Work to be completed: Look through the records and copy every line in which "IsAlnum" appears.
● ● ● ● ● ● ●
-- ===== src/Server/Runs.antt =====
-- Runs of the server at concrete inputs.
mod Served
mod Web
mod Ending
use ae_ro_go.Base.{
  ◌==◌, ℕ, ◌+◌, ◌%◌, ◌≡◌, ◌↔◌, refl, true, false, List, [], ◌∷◌, ◌++◌, Bytes, bytes_eq, codes, none,
  some, All, length, get_or, if◌then◌else◌,
}
use ae_ro_go.Base.Int.{pos}
use ae_ro_go.Base.Eq.{contains, ℕ_eq}
use ae_ro_go.Base.Dict.{lookup}
use ae_ro_go.Util.Uid.{IsAlnum}
use ae_ro_go.Util.Whole.{whole}
use ae_ro_go.Util.Legal.{IsWordByte}
use ae_ro_go.Netstat.Ports.{PortRange}
use ae_ro_go.Netstat.Ports.Range.{ranged}
use ae_ro_go.Message.{eof}
use ae_ro_go.Message.Frame.{Reader}
use ae_ro_go.Message.Sample.{sample, login, login_text}
use ae_ro_go.Server.World.{World}
use ae_ro_go.Server.Manager.{Manager, new_manager, push_pipe_conn, mgr_closed, pool_full}
use ae_ro_go.Base.{◌==◌}
use ae_ro_go.Message.{ProxyRequest}
use ae_ro_go.Server.Proxy.{listening}
use ae_ro_go.Server.Manager.Proxies.{Env, register_proxy, remove_proxy}
use ae_ro_go.Server.Manager.ProxyLaws.{Registered, register_proxy-Registered, remove_proxy_lem}
use ae_ro_go.Server.Manager.Closing.{close_manager, finished}
use ae_ro_go.Server.Manager.Invariant.{Inv, new_manager-Inv, push_pipe_conn_lem}
use ae_ro_go.Server.Manager.Release.{Released, close_manager-Released, close_manager_again}
use ae_ro_go.Server.Manager.Steps.{here, later, push, Reach-new_manager-Inv}
use ae_ro_go.Server.Registry.{ServerConfig, check_login, Server}
use ae_ro_go.Server.Registry.Ids.{gen_id, gen_id_lem}
use ae_ro_go.Server.Registry.Streams.{handle_stream}
use ae_ro_go.Server.Registry.StreamLaws.{check_login_iff, Kept, handle_stream-Kept}
use ae_ro_go.Server.Mux.{RoundRobin, update, trim_suffix, domain_route}
use ae_ro_go.Server.Mux.Balance.{after, picks, update_cycles, picks_first}
use ae_ro_go.Server.Mux.Select.{domain_route_lem, domain_route_panics}
use ae_ro_go.Server.Forward.{Try, pipe}

abbrev config : ServerConfig
config = record {
  ip = [];
  port = codes "8080";
  auth_code = codes "s";
  log_file = [];
  debug = false;
  start_port = pos 8000;
  end_port = pos 8004;
  force_range = true;
  api = [];
  mux_addr = [];
  domain = codes "example.org";
}

abbrev quiet : World
quiet = record { open_listeners = 1 ∷ 0 ∷ []; next_listener = 2; closed_conns = []; sent = [] }

-- A manager on connection 7, with no proxy yet.
abbrev fresh : Manager whole
fresh = new_manager whole (codes "abcdefgh") 7 (pos 1000) login

fresh-Inv : Inv whole fresh
fresh-Inv = new_manager-Inv whole (codes "abcdefgh") 7 (pos 1000) login

-- The same, with a proxy that listens.
abbrev serving : Manager whole
serving = record fresh {
  proxies =
      (
        codes "web",
        record {
          name = codes "web";
          port = codes "8001";
          remote = codes "127.0.0.1:80";
          listener = 1;
        },
      )
      ∷ [];
}

serving-Inv : Inv whole serving
serving-Inv = record {
  send_closed = fresh-Inv.send_closed;
  recv_closed = fresh-Inv.recv_closed;
  pool_closed = fresh-Inv.pool_closed;
  send_fits = fresh-Inv.send_fits;
  recv_fits = fresh-Inv.recv_fits;
  pool_fits = fresh-Inv.pool_fits;
  pool_cap = fresh-Inv.pool_cap;
  pool_low = fresh-Inv.pool_low;
  pool_high = fresh-Inv.pool_high;
}

close_manager-Released_example : Released whole serving quiet (close_manager whole serving quiet)
unfolding new_manager
close_manager-Released_example = close_manager-Released whole serving quiet serving-Inv refl

abbrev ports : PortRange
ports = ranged (pos 8000) (pos 8004) true (λ k i. i) 0

Reach-new_manager-Inv_example :
    Inv whole (push_pipe_conn whole (push_pipe_conn whole fresh 9).1 10).1
Reach-new_manager-Inv_example =
    Reach-new_manager-Inv whole (codes "abcdefgh") 7 (pos 1000) login ports quiet
      (later (later here (push 9)) (push 10))

abbrev request : ProxyRequest
request = record {
  name = codes "web";
  typ = codes "tcp";
  port = codes "8003";
  target = codes "10.0.0.1:80";
  enable = true;
}

abbrev env : Env
env = record {
  probe = λ p. true;
  answer = λ addr. listening (codes "[::]" ++ addr);
  now = pos 2000;
}

register_proxy-Registered_example :
    Registered whole serving quiet request (register_proxy whole env serving request ports quiet)
register_proxy-Registered_example = register_proxy-Registered whole env serving request ports quiet

remove_proxy_lem_example :
    let (m', w') = remove_proxy whole serving request quiet in
    ((n : Bytes)
      → lookup n m'.proxies ≡ (if bytes_eq request.name n then none else lookup n serving.proxies))
    × ((l : ℕ)
        → contains w'.open_listeners l ≡ elim (lookup request.name serving.proxies) [
          | none ↦ contains quiet.open_listeners l
          | some p ↦ if p.listener == l then false else contains quiet.open_listeners l
        ])
remove_proxy_lem_example = remove_proxy_lem whole serving request quiet

abbrev login_frame : Reader
login_frame = record { chunks = codes "<l" ∷ (0 ∷ 0 ∷ 0 ∷ 31 ∷ []) ∷ login_text ∷ []; last = eof }

gen_id_lem_example :
    (id : Bytes) × (used : ℕ) × (gen_id (λ k. k) [] 3 0 (codes "AAAAAAAA") ≡ some (id, used))
    × (lookup {V = ℕ} id [] ≡ none)
    × (length id ≡ 8)
    × All IsAlnum id
gen_id_lem_example = gen_id_lem (λ k. k) [] 2 0 (codes "AAAAAAAA") refl (unfold lookup in refl)

abbrev addresses : List Bytes
addresses = codes "8001" ∷ codes "8002" ∷ codes "8003" ∷ []

picks_first_example :
    picks [] (codes "t") (addresses ∷ addresses ∷ []) ≡ codes "8001" ∷ codes "8001" ∷ []
picks_first_example = picks_first (codes "t") (addresses ∷ addresses ∷ [])

-- The first two pipes fail, the third serves the connection.
abbrev tries : List Try
tries = pipe 4 false ∷ pipe 5 false ∷ pipe 6 true ∷ []
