-- ===== src/Server/Runs/Ending.antt =====
-- Runs of a manager that is closed, or too busy to ask for a pipe.
use ae_ro_go.Base.{◌≡◌, ◌↔◌, refl, true, false, [], ◌∷◌, some, length, replicate, arith}
use ae_ro_go.Base.Chan.{blocked, done}
use ae_ro_go.Util.Whole.{whole}
use ae_ro_go.Message.{pipe_request, proxy_request}
use ae_ro_go.Server.World.{World, IsOpen}
use ae_ro_go.Server.Manager.{Manager, new_manager, pop_pipe_conn}
use ae_ro_go.Server.Manager.Closing.{close_manager, finished}
use ae_ro_go.Server.Manager.Running.{Site, run_loop, run_round}
use ae_ro_go.Server.Manager.Release.{shut, shut-Inv}
use ae_ro_go.Server.Manager.Invariant.{Inv}
use ae_ro_go.Server.Manager.Ending.{run_loop_ends, pop_pipe_conn_waits, run_round_leaks}
use ae_ro_go.Server.Runs.{fresh, fresh-Inv, quiet, ports, env, request}

-- Closed, while a proxy request waited.
abbrev late : Manager whole
late = record (shut whole fresh) {
  recv_chan = record { buf = proxy_request request ∷ []; cap = 10; closed = true };
}

late-Inv : Inv whole late
late-Inv = record {
  send_closed = (shut-Inv whole fresh fresh-Inv).send_closed;
  recv_closed = refl;
  pool_closed = (shut-Inv whole fresh fresh-Inv).pool_closed;
  send_fits = (shut-Inv whole fresh fresh-Inv).send_fits;
  recv_fits = omega arith;
  pool_fits = (shut-Inv whole fresh fresh-Inv).pool_fits;
  pool_cap = (shut-Inv whole fresh fresh-Inv).pool_cap;
  pool_low = (shut-Inv whole fresh fresh-Inv).pool_low;
  pool_high = (shut-Inv whole fresh fresh-Inv).pool_high;
}

abbrev late_site : Site whole
late_site = record { mgr = late; range = ports; world = quiet }

run_loop_ends_example :
    (s' : Site whole) × (run_loop whole 2 (λ i. env) late_site ≡ some (done s'))
    × (s'.mgr.closed ≡ true)
run_loop_ends_example = run_loop_ends whole (λ i. env) late_site late-Inv refl

run_round_leaks_example :
    (s' : Site whole) × (run_round whole env late_site ≡ done (false, s'))
    × IsOpen 2 s'.world
    × ((w : World) → close_manager whole s'.mgr w ≡ finished s'.mgr w)
run_round_leaks_example =
    run_round_leaks whole env late_site request [] refl refl refl (λ addr. (_, refl))

-- Ten messages wait to be sent.
abbrev busy : Manager whole
busy = record fresh {
  send_chan = record {
    buf = replicate 10 (pipe_request (record { client_id = [] }));
    cap = 10;
    closed = false;
  };
}

busy-Inv : Inv whole busy
unfolding new_manager
busy-Inv = record {
  send_closed = refl;
  recv_closed = fresh-Inv.recv_closed;
  pool_closed = fresh-Inv.pool_closed;
  send_fits = omega arith;
  recv_fits = fresh-Inv.recv_fits;
  pool_fits = fresh-Inv.pool_fits;
  pool_cap = fresh-Inv.pool_cap;
  pool_low = fresh-Inv.pool_low;
  pool_high = fresh-Inv.pool_high;
}

pop_pipe_conn_waits_example :
    (pop_pipe_conn whole busy true ≡ blocked)
    ↔ ((busy.closed ≡ false) × (length busy.send_chan.buf ≡ busy.send_chan.cap))
pop_pipe_conn_waits_example = pop_pipe_conn_waits whole busy busy-Inv
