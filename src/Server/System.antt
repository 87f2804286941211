-- ===== src/Server/System.antt =====
-- server/server.go: the whole server. Its managers share the map, the system and the port range; their
-- goroutines, the streams that come in and `awaitManagerDone` act in any order, a round at a time.
pub mod Invariant
pub mod Entries
pub mod Reachable
pub mod Served
use ae_ro_go.Base.{
  ℕ, ◌-◌, ◌≡◌, Bool, true, false, List, [], ◌++◌, Bytes, Option, none, some, length, get_elem?, set,
  replicate,
}
use ae_ro_go.Base.Int.{ℤ}
use ae_ro_go.Base.Chan.{done}
use ae_ro_go.Base.Dict.{lookup}
use ae_ro_go.Util.Ema.{Float}
use ae_ro_go.Netstat.Ports.{PortRange}
use ae_ro_go.Message.Frame.{Reader}
use ae_ro_go.Message.Codec.{Json}
use ae_ro_go.Server.World.{World}
use ae_ro_go.Server.Manager.{Manager}
use ae_ro_go.Server.Manager.Proxies.{Env}
use ae_ro_go.Server.Manager.Running.{Site, run_round}
use ae_ro_go.Server.Manager.Steps
use ae_ro_go.Server.Registry.{Server, ServerConfig, manager_done}
use ae_ro_go.Server.Registry.Streams.{handle_stream}

-- Where the goroutine `Run` of a manager is: in its loop, past it with the manager handed to
-- `mgrDone`, or taken out of `mgrDone` again.
pub data Phase : Type 0 where
  running ended buried : Phase

-- `go manager.Run()` for each manager that was made.
abbrev pub started : ℕ → List Phase → List Phase
started n phases = phases ++ replicate (n - length phases) running

module _ (float : Float) where
  pub record System : Type 0 where
    pub server : Server float
    pub range : PortRange
    pub phases : List Phase

  -- `NewServer`
  abbrev pub new_server : ServerConfig → PortRange → World → System
  new_server config range w = record {
    server = record { config = config; managers = []; heap = []; world = w };
    range = range;
    phases = [];
  }

  abbrev pub site : System → Manager float → Site float
  site s m = record { mgr = m; range = s.range; world = s.server.world }

  -- What a goroutine of the manager behind `p` has left, and where its `Run` is then.
  abbrev pub put : System → ℕ → Manager float → World → PortRange → Phase → System
  put s p m w range phase = record {
    server = record s.server { heap = set s.server.heap p m; world = w };
    range = range;
    phases = set s.phases p phase;
  }

  -- What a new stream has left, and the goroutines of the managers that it made.
  abbrev pub take_in : System → Server float → System
  take_in s server = record s { server = server; phases = started (length server.heap) s.phases }

  -- `acts` allows a round of `Run` also when `Run` has ended, which is more than the code does.
  pub data Step (s : System) : System → Type 0 where
    stream :
        (json : Json) (c : ℕ) (id : Bytes) (now : ℤ) (reader : Reader)
        → lookup id s.server.managers ≡ none
        → Step s (take_in s (handle_stream float json s.server c id now reader))
    acts :
        (p : ℕ) (m : Manager float) (phase : Phase) {t : Site float}
        → get_elem? s.server.heap p ≡ some m
        → get_elem? s.phases p ≡ some phase
        → Steps.Step float (site s m) t
        → Step s (put s p t.mgr t.world t.range phase)
    ends :
        (p : ℕ) (m : Manager float) (env : Env) {t : Site float}
        → get_elem? s.server.heap p ≡ some m
        → get_elem? s.phases p ≡ some running
        → run_round float env (site s m) ≡ done (false, t)
        → Step s (put s p t.mgr t.world t.range ended)
    buries :
        (p : ℕ) (m : Manager float)
        → get_elem? s.server.heap p ≡ some m
        → get_elem? s.phases p ≡ some ended
        → Step s (record s {
          server = (manager_done float s.server p m).1;
          phases = set s.phases p buried;
        })

  pub data Reach (s : System) : System → Type 0 where
    here : Reach s s
    later : {t u : System} → Reach s t → Step t u → Reach s u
● ● ● ● ● ● ●
Your response:
use ae_ro_go.Util.Uid.{IsAlnum}
    × All IsAlnum id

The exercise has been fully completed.